Grasso wins another round in court

ALBANY, New York (AP) - Attorney General Andrew Cuomo's announcement came soon after the Appellate Division of State Supreme Court ruled the attorney general's authority to pursue two remaining claims against Grasso lapsed when the NYSE changed in 2005 from a nonprofit to a for-profit corporation. Last week, the Court of Appeals, New York's highest court, dismissed four common law claims against the 2003 compensation package.

"We have reviewed the court's opinion and determined that an appeal would not be warranted," Cuomo spokesman Alex Detrick said.

"Thus, for all intents and purposes, the Grasso case is over."

The midlevel court concluded Tuesday that seeking to recover money for two remaining claims under New York's Not-For-Profit Corporation Law would simply benefit the NYSE's private owners. The court also dismissed a claim against Home Depot founder Kenneth Langone, who was chairman of the exchange's compensation committee and was accused of misleading other NYSE board members about Grasso's pay.

Justice James McGuire wrote that based on case law and the "evident purpose" of the not-for-profit law, the attorney general's authority to pursue the claims "lapsed" when the NYSE became a for-profit corporation. He wrote for the court majority.

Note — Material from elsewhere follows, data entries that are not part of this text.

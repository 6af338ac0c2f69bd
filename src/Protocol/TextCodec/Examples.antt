-- ===== src/Protocol/TextCodec/Examples.antt =====
-- Lines and messages.
use sixchange.Base.{
  ◌≡◌, refl, ◌≤◌, ◌++◌, [], ◌∷◌, arith, Bytes, codes, value, unexpected, some, none, length,
  find_if, IsNumeral, from_chars, read_digits, to_string,
}
use sixchange.Core.Enums.{sell, limit, gfd, RejectReason}
use sixchange.Core.EnumNames.{reject_reason}
use sixchange.Protocol.Cursor.{is_blank, next, empty}
use sixchange.Protocol.Words.{words}
use sixchange.Protocol.Parsing.{
  parse_unsigned, parse_side, parse_order_type, parse_time_in_force, IsNumeral-parse_unsigned,
}
use sixchange.Protocol.Messages.{OutboundMessage, NewOrderRequest, new_order, accepted, rejected}
use sixchange.Protocol.TextCodec.{
  decode, strip, encode, ◌>>=◌, parse_positive, decode_new_order, decode_cancel_order,
  max_message_length,
}
use sixchange.Protocol.TextCodec.Grammar.{Spells}
use sixchange.Protocol.TextCodec.Decoding.{decode_complete, decode-Spells}
use sixchange.Protocol.TextCodec.Rejections.{Refuses}
use sixchange.Protocol.TextCodec.Refusing.{IsRefusal, decode-IsRefusal}
use sixchange.Protocol.TextCodec.Joining.{IsWord, join}
use sixchange.Protocol.TextCodec.Spelling.{decode-join, spelling}
use sixchange.Protocol.TextCodec.Encoding.{encode_inj}

abbrev offer : NewOrderRequest
offer = record {
  client_order_id = 1001;
  symbol = codes "AAPL";
  side = sell;
  order_type = limit;
  tif = gfd;
  price = 100;
  quantity = 20;
}

-- A line with blanks at its ends, tabs, zeros before a number, and a carriage return.
abbrev line : Bytes
line = codes " N 1001\tAAPL  S L GFD 0100 20 \r"

reads_line : decode line ≡ value (new_order offer)
unfolding decode decode_new_order next find_if ◌>>=◌ parse_positive parse_unsigned from_chars
    read_digits empty parse_side parse_order_type parse_time_in_force
reads_line = refl

refuses_zero_price :
    decode (codes "N 1 AAPL B L GFD 0 20")
    ≡ unexpected (record { client_order_id = none; reason = RejectReason.invalid_price })
unfolding decode decode_new_order next find_if ◌>>=◌ parse_positive parse_unsigned from_chars
    read_digits empty parse_side parse_order_type parse_time_in_force
refuses_zero_price = refl

refuses_large_quantity :
    decode (codes "N 1 AAPL B L GFD 5 18446744073709551616")
    ≡ unexpected (record { client_order_id = none; reason = RejectReason.invalid_quantity })
unfolding decode decode_new_order next find_if ◌>>=◌ parse_positive parse_unsigned from_chars
    read_digits empty parse_side parse_order_type parse_time_in_force
refuses_large_quantity = refl

names_refused_cancel :
    decode (codes "C 7 AAPL x")
    ≡ unexpected (record { client_order_id = some 7; reason = RejectReason.invalid_message })
unfolding decode decode_cancel_order next find_if ◌>>=◌ parse_positive parse_unsigned from_chars
    read_digits empty
names_refused_cancel = refl

writes_rejection :
    encode (rejected (record { client_order_id = none; reason = RejectReason.invalid_price }))
    ≡ codes "REJECTED - INVALID_PRICE"
unfolding encode reject_reason
writes_rejection = refl

IsNumeral-1001 : IsNumeral (codes "1001") 1001
unfolding parse_unsigned from_chars read_digits
IsNumeral-1001 = IsNumeral-parse_unsigned (codes "1001") 1001 refl

IsNumeral-100 : IsNumeral (codes "0100") 100
unfolding parse_unsigned from_chars read_digits
IsNumeral-100 = IsNumeral-parse_unsigned (codes "0100") 100 refl

IsNumeral-20 : IsNumeral (codes "20") 20
unfolding parse_unsigned from_chars read_digits
IsNumeral-20 = IsNumeral-parse_unsigned (codes "20") 20 refl

decode_complete_example : decode line ≡ value (new_order offer)
unfolding words strip is_blank
decode_complete_example = decode_complete line (new_order offer) (omega arith) (record {
  id = codes "1001";
  price = codes "0100";
  quantity = codes "20";
  line = refl;
  id_is = IsNumeral-1001;
  price_is = IsNumeral-100;
  quantity_is = IsNumeral-20;
  id_positive = omega arith;
  price_positive = omega arith;
  quantity_positive = omega arith;
})

decode-Spells_example :
    (length line ≤ max_message_length) × Spells (words (strip line)) (new_order offer)
decode-Spells_example = decode-Spells line (new_order offer) reads_line

aapl-IsWord : IsWord (codes "AAPL")
unfolding is_blank
aapl-IsWord = record {
  plain = ((refl, refl), ((refl, refl), ((refl, refl), ((refl, refl), tt))));
  nonempty = λ e. cc;
}

decode-join_example :
    (decode (join (spelling (new_order offer))) ≡ value (new_order offer))
    × (decode (join (spelling (new_order offer)) ++ (b'\r' ∷ [])) ≡ value (new_order offer))
unfolding to_string
decode-join_example =
    decode-join (new_order offer)
      (
        (omega arith, omega arith),
        aapl-IsWord,
        (omega arith, omega arith),
        (omega arith, omega arith),
      )
      (omega arith)

abbrev accepted_message : OutboundMessage
accepted_message = accepted (record { client_order_id = 1001; order_id = 12 })

encode_inj_example : accepted_message ≡ accepted_message
encode_inj_example =
    encode_inj accepted_message accepted_message (omega arith, omega arith)
      (omega arith, omega arith) refl

decode-IsRefusal_example : Refuses (IsRefusal (codes "C 7 AAPL x")) (decode (codes "C 7 AAPL x"))
decode-IsRefusal_example = decode-IsRefusal (codes "C 7 AAPL x")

In a lone dissent, Justice Angela Mazzarelli said the change in corporate status "has no effect whatsoever upon causes of action that were pending against the not-for-profit" when its status changed. Under the law, the attorney general also brings claims as the state's chief law enforcement officer, not simply as a surrogate for the corporation, she wrote.

First launched by then Attorney General Eliot Spitzer, dubbed "the sheriff of Wall Street," the state sought to recover money paid to Grasso, alleging his compensation was excessive and constituted an unlawful transfer of NYSE assets and a breach of fiduciary duty at the NYSE.

The Court of Appeals concluded last week that the attorney general exceeded his authority with four claims that said the state can sue to protect the public interest. Instead, judges noted the NPCL contains specific provisions for addressing alleged fault by officers and directors.

"Mr. Grasso is gratified by the Appellate Division decision," his attorney, Gershon Zweifach, said. He declined further comment.

Langone's attorney, Gary Naftalis, said they were pelased with the decision to dismiss the case against Langone. "We always believed that this was a case that should never have been brought," he said.

According to court documents, Grasso's base salary from 1995 through 2002 was roughly $1.4 million, with bonuses that escalated from $900,000 in 1995 to $10.6 million in 2002. His 2003 agreement provided a lump sum of $139.5 million, with an additional $48 million payable over four years.

State attorneys argued that the NYSE compensation committee was hand-picked by Grasso and ignored a benchmark system in calculating his pay. They also noted several NYSE board members expressed disapproval of the 2003 package, which was left off a meeting agenda, then brought up and approved at the last minute when opponents were missing and others had no chance to review the details in advance.

The negative reaction to the compensation forced Grasso to resign, prompting an internal investigation and a request from the NYSE board for Spitzer and the federal Securities and Exchange Commission to investigate.

"This case demonstrates everything that can go wrong in setting executive compensation," Spitzer said in filing the 2004 lawsuit. "The lack of proper information, the stifling of internal debate, the failure of board members to conduct proper inquiry and the unabashed pursuit of personal gain resulted in a wholly inappropriate and illegal compensation package."